At last Simple Shmerel is summoned by the befuddled villagers, who want everything to return to normal. Simple Shmerel considers the puzzling situation, then orders the two men into an adjacent room. After a moment, Simple Shmerel speaks up. “Servant, come here!” he says. Almost instantly, Zalman opens the door and pokes his head in.
“Yes, sir?” he asks.
“There’s your Zalman,” points out Simple Shmerel. Apparently the habits of servitude cannot be broken.
Coolberg closes his book.
“Fuck you,” Nathaniel says.
“Obscenities again. So tiresome. Well, maybe,” Coolberg mutters, in an apparent non sequitur. The two men rise from the bench simultaneously as if under orders. Nathaniel feels light-headed, as if he is going under: he is gradually succumbing to some general anesthesia set loose at the zoo, or perhaps a hypnotic spell has been cast upon him. He needs a good night’s sleep. He hasn’t rested well lately. As he and Coolberg walk across the park, Theresa following them, Coolberg begins to narrate another plot summary, this time of the book he is writing, the one that takes place entirely at night, the one with Nathaniel in it, called Shadow.
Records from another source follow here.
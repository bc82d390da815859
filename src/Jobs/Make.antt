-- ===== src/Jobs/Make.antt =====
-- makejob takes a place that no live job has.
use gwsh.Base.{
  bools_apart, ℕ, zero, suc, ◌+◌, ◌<◌, ◌≡◌, ◌⊎◌, ◌∙◌, refl, sym, ap, subst, Bool, true, false, not,
  ◌&&◌, ◌||◌, Option, none, some, List, [], ◌∷◌, ◌++◌, if◌then◌else◌, if_cases, arith, length,
  Bool-cases, inl, inr,
}
use gwsh.Jobs.{
  Job, Jobs, free_each, job_at, freejob, freejobs, resetjobs, no_job, growjobtab, Slot, at_unused,
  at_waited, at_end, find_slot, start_job, by_slot, makejob, is_done,
}
use gwsh.Jobs.Order.{one_if, count, is_used, used_below}
use gwsh.Jobs.Table.{
  used_at, IsOrdered, Holds, Freed, freejob-Freed, freejobs-IsOrdered, free_each-IsOrdered,
  start_job-IsOrdered,
}

-- The job is over, and wait has seen it.
abbrev pub is_over : Option Job → Bool
is_over none = false
is_over (some jp) = is_done jp.state && jp.waited

abbrev Fits : ℕ → List Job → Slot → Type 0
Fits i jobs (at_unused j) =
    (n : ℕ) × (j ≡ i + n) × (n < length jobs) × (is_used (job_at n jobs) ≡ false)
Fits i jobs (at_waited j) =
    (n : ℕ) × (j ≡ i + n) × (is_used (job_at n jobs) ≡ true) × (is_over (job_at n jobs) ≡ true)
Fits i jobs at_end = Unit

not_used : (b : Bool) → not b ≡ true → b ≡ false
not_used true h = absurd (bools_apart (sym h))
not_used false h = refl

used_then : (b : Bool) → not b ≡ false → b ≡ true
used_then true h = refl
used_then false h = absurd (bools_apart h)

both : (a b : Bool) → (not a || not b) ≡ false → (a && b) ≡ true
both true true h = refl
both true false h = absurd (bools_apart h)
both false b h = absurd (bools_apart h)

find_slot-Fits : (mflag : Bool) (i : ℕ) (jobs : List Job) → Fits i jobs (find_slot mflag i jobs)
unfolding find_slot job_at
find_slot-Fits mflag i [] = tt
find_slot-Fits mflag i (jp ∷ jobs) =
    let later = Fits-cons (find_slot mflag (suc i) jobs) (find_slot-Fits mflag (suc i) jobs) in
    if_cases (Fits i (jp ∷ jobs)) (not jp.used)
      (λ h. (0, omega arith, omega arith, not_used jp.used h))
      (λ u.
        if_cases (Fits i (jp ∷ jobs)) (not (is_done jp.state) || not jp.waited) (λ _. later)
          (λ h.
            if_cases (Fits i (jp ∷ jobs)) mflag (λ _. later)
              (λ _. (0, omega arith, used_then jp.used u, both (is_done jp.state) jp.waited h))))
  where
    Fits-cons : (slot : Slot) → Fits (suc i) jobs slot → Fits i (jp ∷ jobs) slot
    Fits-cons (at_unused j) (n, e, lt, h) = (suc n, omega (arith, e), omega (arith, lt), h)
    Fits-cons (at_waited j) (n, e, u, h) = (suc n, omega (arith, e), u, h)
    Fits-cons at_end h = h

used-grow :
    (k : ℕ) (jobs : List Job)
    → is_used (job_at k (jobs ++ (no_job ∷ no_job ∷ no_job ∷ no_job ∷ [])))
      ≡ is_used (job_at k jobs)
unfolding job_at
used-grow zero [] = refl
used-grow (suc zero) [] = refl
used-grow (suc (suc zero)) [] = refl
used-grow (suc (suc (suc zero))) [] = refl
used-grow (suc (suc (suc (suc k)))) [] = refl
used-grow zero (jp ∷ jobs) = refl
used-grow (suc k) (jp ∷ jobs) = used-grow k jobs

length-grow :
    (jobs : List Job) → length jobs < length (jobs ++ (no_job ∷ no_job ∷ no_job ∷ no_job ∷ []))
length-grow [] = omega arith
length-grow (jp ∷ jobs) = omega (arith, length-grow jobs)

beyond_unused : (jobs : List Job) → is_used (job_at (length jobs) jobs) ≡ false
beyond_unused jobs = elim (Bool-cases (is_used (job_at (length jobs) jobs))) [
  | inl u ↦ let lt = used_below (length jobs) jobs u in absurd (omega (arith, lt))
  | inr u ↦ u
]

-- What a new job takes of one's own jobs: a place that was that of no live job.
abbrev pub Takes : Jobs → Option (ℕ × Jobs) → Type 0
Takes st none = ⊥
Takes st (some (jp, st')) =
    IsOrdered st'
    × (used_at jp st' ≡ true)
    × ((used_at jp st ≡ false) ⊎ (is_over (job_at jp st.jobtab) ≡ true))

-- What makejob gives: where the jobs were the parent's they are gone and the new one is the only one;
-- and else it took a place that was that of no live job.
abbrev pub Makes : Jobs → Option (ℕ × Jobs) → Type 0
Makes st none = ⊥
Makes st (some (jp, st')) =
    IsOrdered st'
    × (used_at jp st' ≡ true)
    × (((st.parjob ≡ true) × (st'.order ≡ jp ∷ []))
        ⊎ ((st.parjob ≡ false)
            × ((used_at jp st ≡ false) ⊎ (is_over (job_at jp st.jobtab) ≡ true))))

-- What resetjobs gives: the parent's jobs are freed, one's own are the parent's from now on.
abbrev pub Resets : Jobs → Jobs → Type 0
Resets st st' =
    IsOrdered st'
    × (st'.parjob ≡ not st.parjob)
    × (st'.order ≡ (if st.parjob then [] else st.order))

by_waited :
    (jp : ℕ) (st : Jobs)
    → used_at jp st ≡ true
    → is_over (job_at jp st.jobtab) ≡ true
    → (o : Option Jobs) → Holds (Freed jp st) o
    → Takes st (elim o as (λ _. Option (ℕ × Jobs)) [
      | none ↦ none
      | some st' ↦ some (jp, start_job jp st')
    ])
by_waited jp st used over none h = h
by_waited jp st used over (some st') h =
    let lt = used_below jp st.jobtab used in
    let same = h.3 in
    let (ordered, now) = start_job-IsOrdered jp st' (omega (arith, lt, same)) h.2 h.0 in
    (ordered, now, inr over)

by_slot-Takes :
    (slot : Slot) (st : Jobs) → IsOrdered st → Fits 0 st.jobtab slot → Takes st (by_slot slot st)
by_slot-Takes (at_unused jp) st is (n, e, lt, u) =
    let place : n ≡ jp = omega (arith, e) in
    let unused = subst (λ k. used_at k st ≡ false) place u in
    let (ordered, now) = start_job-IsOrdered jp st (omega (arith, lt, place)) unused is in
    (ordered, now, inl unused)
by_slot-Takes (at_waited jp) st is (n, e, u, over) =
    let place : n ≡ jp = omega (arith, e) in
    let used = subst (λ k. used_at k st ≡ true) place u in
    by_waited jp st used (subst (λ k. is_over (job_at k st.jobtab) ≡ true) place over)
      (freejob jp st) (freejob-Freed jp st is used)
by_slot-Takes at_end st is h =
    let jp : ℕ = length st.jobtab in
    let unused = beyond_unused st.jobtab in
    let (ordered, now) =
      start_job-IsOrdered jp (growjobtab st) (length-grow st.jobtab)
        (used-grow jp st.jobtab ∙ unused) (λ k. is k ∙ ap one_if (sym (used-grow k st.jobtab))) in
    (ordered, now, inl unused)

-- No job is left, and one is made.
alone :
    (slot : Slot) (par : Bool) (st st' : Jobs)
    → par ≡ true
    → st.parjob ≡ par
    → IsOrdered st'
    → st'.order ≡ []
    → Fits 0 st'.jobtab slot
    → Makes st (by_slot slot st')
alone (at_unused jp) par st st' on own is empty fits =
    let (ordered, now, place) = by_slot-Takes (at_unused jp) st' is fits in
    (ordered, now, inl (own ∙ on, ap (λ o. jp ∷ o) empty))
alone (at_waited jp) par st st' on own is empty (n, e, used, over) =
    let none_left = ap (count n) (sym empty) ∙ is n ∙ ap one_if used in
    absurd (omega (arith, none_left))
alone at_end par st st' on own is empty fits =
    let (ordered, now, place) = by_slot-Takes at_end st' is fits in
    (ordered, now, inl (own ∙ on, ap (λ o. length st'.jobtab ∷ o) empty))

made_alone :
    (st : Jobs)
    → st.parjob ≡ true
    → (o : Option Jobs) → Holds (λ st'. IsOrdered st' × (st'.order ≡ [])) o
    → Makes st (elim o as (λ _. Option (ℕ × Jobs)) [
      | none ↦ none
      | some st' ↦ by_slot (find_slot st'.mflag 0 st'.jobtab) st'
    ])
made_alone st par none h = h
made_alone st par (some st') h =
    alone (find_slot st'.mflag 0 st'.jobtab) true st st' refl par h.0 h.1
      (find_slot-Fits st'.mflag 0 st'.jobtab)

made_own : (st : Jobs) (o : Option (ℕ × Jobs)) → st.parjob ≡ false → Takes st o → Makes st o
made_own st none own h = h
made_own st (some (jp, st')) own h = (h.0, h.1, inr (own, h.2))

reset :
    (st : Jobs)
    → st.parjob ≡ true
    → (o : Option Jobs) → Holds (λ st'. IsOrdered st' × (st'.order ≡ [])) o
    → Holds (Resets st) (elim o as (λ _. Option Jobs) [
      | none ↦ none
      | some st' ↦ some (record st' { parjob = false })
    ])
reset st par none h = h
reset st par (some st') h = rw par (h.0, refl, h.1)

-- From a list that has each job that is used once and no other, resetjobs on the way into a subshell
-- and makejob read no link by a null pointer, and the list has each job once again. resetjobs frees the
-- jobs where they are the parent's, and else keeps them and marks them so. makejob frees the parent's
-- jobs first, so that the new job is the only one; where the jobs are the shell's own, the new job takes
-- a place that is not used, or one whose job is over and waited for.
pub makejob_lem :
    (st : Jobs) → IsOrdered st → Holds (Resets st) (resetjobs st) × Makes st (makejob st)
unfolding resetjobs makejob freejobs
makejob_lem st is = (
  if_cases (Holds (Resets st)) st.parjob
      (λ par. reset st par (free_each st.order st) (free_each-IsOrdered st.order st refl is))
      (λ own. (is, sym (ap not own), sym (ap (λ b. if b then [] else st.order) own))),
  if_cases
      (λ (o : Option Jobs). Makes st (elim o as (λ _. Option (ℕ × Jobs)) [
        | none ↦ none
        | some st' ↦ by_slot (find_slot st'.mflag 0 st'.jobtab) st'
      ]))
      st.parjob (λ par. made_alone st par (freejobs st) (freejobs-IsOrdered st is))
      (λ own. made_own st _ own (
        by_slot-Takes (find_slot st.mflag 0 st.jobtab) st is
          (find_slot-Fits st.mflag 0 st.jobtab))),
)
In the story a young man, a student, a somewhat fever-brained type, loves two women at the same time. One of these women is a brilliant student, a polyglot, and a reader of Sumerian sacred texts; the other is a painter. Women have always loved this young man; he is gracious to them, considerate and thoughtful, and besides, he is disconcertingly beautiful, athletic, with long blond hair that the women imagine being trailed languorously over their bare skin under the covers as he kisses them, over their breasts and thighs, that is, until the force of Eros flings the covers back. But the strain of loving two women is one that few men can withstand. Even Ezra Pound lost his mind by loving two women. This young man, this character named Ambrose, develops an antipathy to daylight because in his doubleness, his double-heartedness, he fears that he will meet himself on the sidewalk coming toward himself from the opposite direction. At the same time that he is developing a phobia to daylight and the solidity of actual things, he is also receiving phone calls from an ambiguous Iago-like character named Trautwein, who, through brilliance and charm, gradually convinces him that the second woman, the painter he loves, who suffers for her art in poverty, has been cheating on him. There will be an unspecified fire. A violent death is indicated. However, certain parts of the story have only been sketched out; possibilities have presented themselves but have not turned into probabilities, much less inevitabilities.